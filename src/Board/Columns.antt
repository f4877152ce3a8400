-- ===== src/Board/Columns.antt =====
-- src/board/card-ops.ts: the names of the columns. The two tables are object literals, so a key that
-- they lack is looked up in `Object.prototype`.
use tukan.Prelude.{
  ◌≡◌, refl, none, some, List, [], ◌∷◌, arith, if◌then◌else◌, any, All, Has, All-Has,
}
use tukan.Text.{Text, units, ◌==◌, LowerCase, IsAscii, ascii_lower}
use tukan.Dict.{Dict, get, keys}
use tukan.Board.{col_unassigned, col_todo, col_in_progress, col_review, col_done}

-- the names that every object literal inherits
abbrev pub object_members : List Text
object_members =
    units "constructor"
    ∷ units "__defineGetter__"
    ∷ units "__defineSetter__"
    ∷ units "hasOwnProperty"
    ∷ units "__lookupGetter__"
    ∷ units "__lookupSetter__"
    ∷ units "isPrototypeOf"
    ∷ units "propertyIsEnumerable"
    ∷ units "toString"
    ∷ units "valueOf"
    ∷ units "__proto__"
    ∷ units "toLocaleString"
    ∷ []

-- what `table[key]` is: a text of the table's own, a member of `Object.prototype`, or `undefined`
pub data Property : Type 0 where
  own : Text → Property
  inherited : Property
  undefined : Property

unfoldable pub property : Dict Text → Text → Property
property table key = elim (get key table) [
  | some value ↦ own value
  | none ↦ if any (λ name. name == key) object_members then inherited else undefined
]

abbrev pub column_name_map : Dict Text
column_name_map =
    (units "unassigned", col_unassigned)
    ∷ (units "todo", col_todo)
    ∷ (units "in progress", col_in_progress)
    ∷ (units "in-progress", col_in_progress)
    ∷ (units "inprogress", col_in_progress)
    ∷ (units "review", col_review)
    ∷ (units "done", col_done)
    ∷ []

-- The result `undefined` stands for the `null` that `??` puts in its place.
unfoldable pub column_id_from_name : LowerCase → Text → Property
unfolding property
column_id_from_name locale name = property column_name_map (locale.to_lower_case name)

abbrev pub column_id_map : Dict Text
column_id_map =
    (col_unassigned, units "Unassigned")
    ∷ (col_todo, units "Todo")
    ∷ (col_in_progress, units "In Progress")
    ∷ (col_review, units "Review")
    ∷ (col_done, units "Done")
    ∷ []

abbrev or_unknown : Property → Property
or_unknown undefined = own (units "Unknown")
or_unknown (own name) = own name
or_unknown inherited = inherited

unfoldable pub column_name_from_id : Text → Property
unfolding property
column_name_from_id id = or_unknown (property column_id_map id)

abbrev IsColumnId : Text → Type 0
IsColumnId id = Has id (keys column_id_map)

each_member : All (λ m. property column_name_map m ≡ inherited) object_members
unfolding property get ◌==◌
each_member = (
  refl,
  (refl, (refl, (refl, (refl, (refl, (refl, (refl, (refl, (refl, (refl, (refl, tt))))))))))),
)

module _ (locale : LowerCase) where
  abbrev pub then_id : Property → Property
  then_id (own name) = column_id_from_name locale name
  then_id inherited = inherited
  then_id undefined = undefined

  by_ascii_name :
      (id name : Text)
      → column_name_from_id id ≡ own name
      → IsAscii name
      → property column_name_map (ascii_lower name) ≡ own id
      → then_id (column_name_from_id id) ≡ own id
  unfolding column_id_from_name
  by_ascii_name id name e h k = rw (e, locale.ascii name h) k

  each_column : All (λ id. then_id (column_name_from_id id) ≡ own id) (keys column_id_map)
  unfolding column_name_from_id get ◌==◌ ascii_lower
  each_column =
      let c0 = by_ascii_name col_unassigned (units "Unassigned") refl (omega arith) refl in
      let c1 = by_ascii_name col_todo (units "Todo") refl (omega arith) refl in
      let c2 = by_ascii_name col_in_progress (units "In Progress") refl (omega arith) refl in
      let c3 = by_ascii_name col_review (units "Review") refl (omega arith) refl in
      let c4 = by_ascii_name col_done (units "Done") refl (omega arith) refl in
      (c0, (c1, (c2, (c3, (c4, tt)))))

  -- The name of each of the five columns resolves to that column.
  pub column_id-column_name :
      (id : Text) → IsColumnId id → then_id (column_name_from_id id) ≡ own id
  column_id-column_name id h =
      All-Has (λ id. then_id (column_name_from_id id) ≡ own id) (keys column_id_map) id each_column
        h

  -- A name whose lower case is a member of `Object.prototype`, such as "constructor", is never
  -- reported as unknown: the lookup answers with the inherited member, and not with `null`.
  pub column_id-inherited :
      (name : Text)
      → Has (locale.to_lower_case name) object_members
      → column_id_from_name locale name ≡ inherited
  unfolding column_id_from_name
  column_id-inherited name h =
      All-Has (λ m. property column_name_map m ≡ inherited) object_members _ each_member h
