-- ===== src/Board/CardOps/Queries.antt =====
-- src/board/card-ops.ts: finding the cards that a query names.
use tukan.Prelude.{
  any, ◌&&◌, none, some, List, [], ◌∷◌, ◌++◌, map, leb, if◌then◌else◌, length, take,
}
use tukan.Text.{Text, units, ◌==◌, starts_with, includes, join, LowerCase}
use tukan.Dict.{Dict, get}
use tukan.Board.{Card}
use tukan.Board.Columns.{object_members}

pub record CardMatch : Type 0 where
  pub id : Text
  pub card : Card

pub record MultiSessionCardMatch : Type 0 where
  pub session_name : Text
  pub id : Text
  pub card : Card

pub data ResolveResult : Type 0 where
  resolved : Text → Card → ResolveResult
  failed : Text → ResolveResult

pub data MultiSessionResolveResult : Type 0 where
  resolved : Text → Text → Card → MultiSessionResolveResult
  failed : Text → MultiSessionResolveResult

-- the loop over `Object.entries(cards)` that collects `prefixMatches`
unfoldable pub prefix_matches : Dict Card → Text → List CardMatch
prefix_matches [] query = []
prefix_matches ((id, card) ∷ cards) query =
    let rest = prefix_matches cards query in
    if starts_with id query && leb 4 (length query)
    then record { id = id; card = card } ∷ rest
    else rest

-- one round of the loop over the names, on `exactName` and `partialName`
add_by_name :
    LowerCase → Text → CardMatch → List CardMatch × List CardMatch → List CardMatch × List CardMatch
add_by_name locale lower m (exact_name, partial_name) =
    let name = locale.to_lower_case m.card.name in
    if name == lower
    then (m ∷ exact_name, partial_name)
    else if includes name lower
    then (exact_name, m ∷ partial_name)
    else (exact_name, partial_name)

unfoldable pub name_matches : LowerCase → Dict Card → Text → List CardMatch × List CardMatch
unfolding add_by_name
name_matches locale [] lower = ([], [])
name_matches locale ((id, card) ∷ cards) lower =
    add_by_name locale lower (record { id = id; card = card }) (name_matches locale cards lower)

-- `if (first.length > 0) return first; …`
abbrev pub or_next {ℓ} : {A : Type ℓ} → List A → List A → List A
or_next [] later = later
or_next (x ∷ xs) later = x ∷ xs

-- `cards[query]` answers with the member of `Object.prototype` of that name, such as "constructor", if
-- no card has the id. `member` is what the program takes that member for: a card whose fields are what
-- reading them from the member gives.
unfoldable pub find_cards : LowerCase → (member : Text → Card) → Dict Card → Text → List CardMatch
find_cards locale member cards query = elim (get query cards) [
  | some card ↦ record { id = query; card = card } ∷ []
  | none ↦
      if any (λ name. name == query) object_members
      then record { id = query; card = member query } ∷ []
      else (let (exact_name, partial_name) =
            name_matches locale cards (locale.to_lower_case query) in
          or_next (prefix_matches cards query) (or_next exact_name partial_name))
]

abbrev newline : Text
newline = 10 ∷ []

abbrev quote : Text
quote = 34 ∷ []

abbrev describe_match : CardMatch → Text
describe_match m = units "  " ++ (take 8 m.id ++ (units " " ++ m.card.name))

abbrev no_card_found : Text → Text
no_card_found query = units "No card found matching " ++ (quote ++ (query ++ quote))

abbrev ambiguous_match : Text → Text → Text
ambiguous_match query names =
    units "Ambiguous match for "
    ++ (quote ++ (query ++ (quote ++ (units " — multiple cards found:" ++ (newline ++ names)))))

-- `resolveCard` behind the call of `findCards`
unfoldable pub resolve_matches : Text → List CardMatch → ResolveResult
resolve_matches query [] = failed (no_card_found query)
resolve_matches query (m ∷ []) = resolved m.id m.card
resolve_matches query (m ∷ n ∷ ms) =
    failed (ambiguous_match query (join newline (map describe_match (m ∷ n ∷ ms))))

unfoldable pub resolve_card : LowerCase → (member : Text → Card) → Dict Card → Text → ResolveResult
unfolding resolve_matches
resolve_card locale member cards query =
    resolve_matches query (find_cards locale member cards query)

abbrev in_session : Text → CardMatch → MultiSessionCardMatch
in_session session_name m = record { session_name = session_name; id = m.id; card = m.card }

unfoldable pub find_cards_across_sessions :
    LowerCase → (member : Text → Card) → Dict (Dict Card) → Text → List MultiSessionCardMatch
find_cards_across_sessions locale member [] query = []
find_cards_across_sessions locale member ((session_name, cards) ∷ session_cards) query =
    map (in_session session_name) (find_cards locale member cards query)
    ++ find_cards_across_sessions locale member session_cards query

abbrev describe_in_session : MultiSessionCardMatch → Text
describe_in_session m =
    units "  "
    ++ (take 8 m.id
        ++ (units " " ++ (m.card.name ++ (units " [" ++ (m.session_name ++ units "]")))))

resolve_matches_across : Text → List MultiSessionCardMatch → MultiSessionResolveResult
resolve_matches_across query [] = failed (no_card_found query)
resolve_matches_across query (m ∷ []) = resolved m.session_name m.id m.card
resolve_matches_across query (m ∷ n ∷ ms) = failed (
    ambiguous_match query (
      join newline (map describe_in_session (m ∷ n ∷ ms))
      ++ (newline ++ units "Use -s <session> to specify.")))

unfoldable pub resolve_card_across_sessions :
    LowerCase → (member : Text → Card) → Dict (Dict Card) → Text → MultiSessionResolveResult
unfolding resolve_matches_across
resolve_card_across_sessions locale member session_cards query =
    resolve_matches_across query (find_cards_across_sessions locale member session_cards query)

-*-*-

Send back an exact copy of only the lines from the line with "map (in_session session_name)" up to and including the line with "unfoldable pub resolve_card_across_sessions" in the data above.

[ANSWER TO THE EXERCISE]:
    map (in_session session_name) (find_cards locale member cards query)
    ++ find_cards_across_sessions locale member session_cards query

abbrev describe_in_session : MultiSessionCardMatch → Text
describe_in_session m =
    units "  "
    ++ (take 8 m.id
        ++ (units " " ++ (m.card.name ++ (units " [" ++ (m.session_name ++ units "]")))))

resolve_matches_across : Text → List MultiSessionCardMatch → MultiSessionResolveResult
resolve_matches_across query [] = failed (no_card_found query)
resolve_matches_across query (m ∷ []) = resolved m.session_name m.id m.card
resolve_matches_across query (m ∷ n ∷ ms) = failed (
    ambiguous_match query (
      join newline (map describe_in_session (m ∷ n ∷ ms))
      ++ (newline ++ units "Use -s <session> to specify.")))

unfoldable pub resolve_card_across_sessions :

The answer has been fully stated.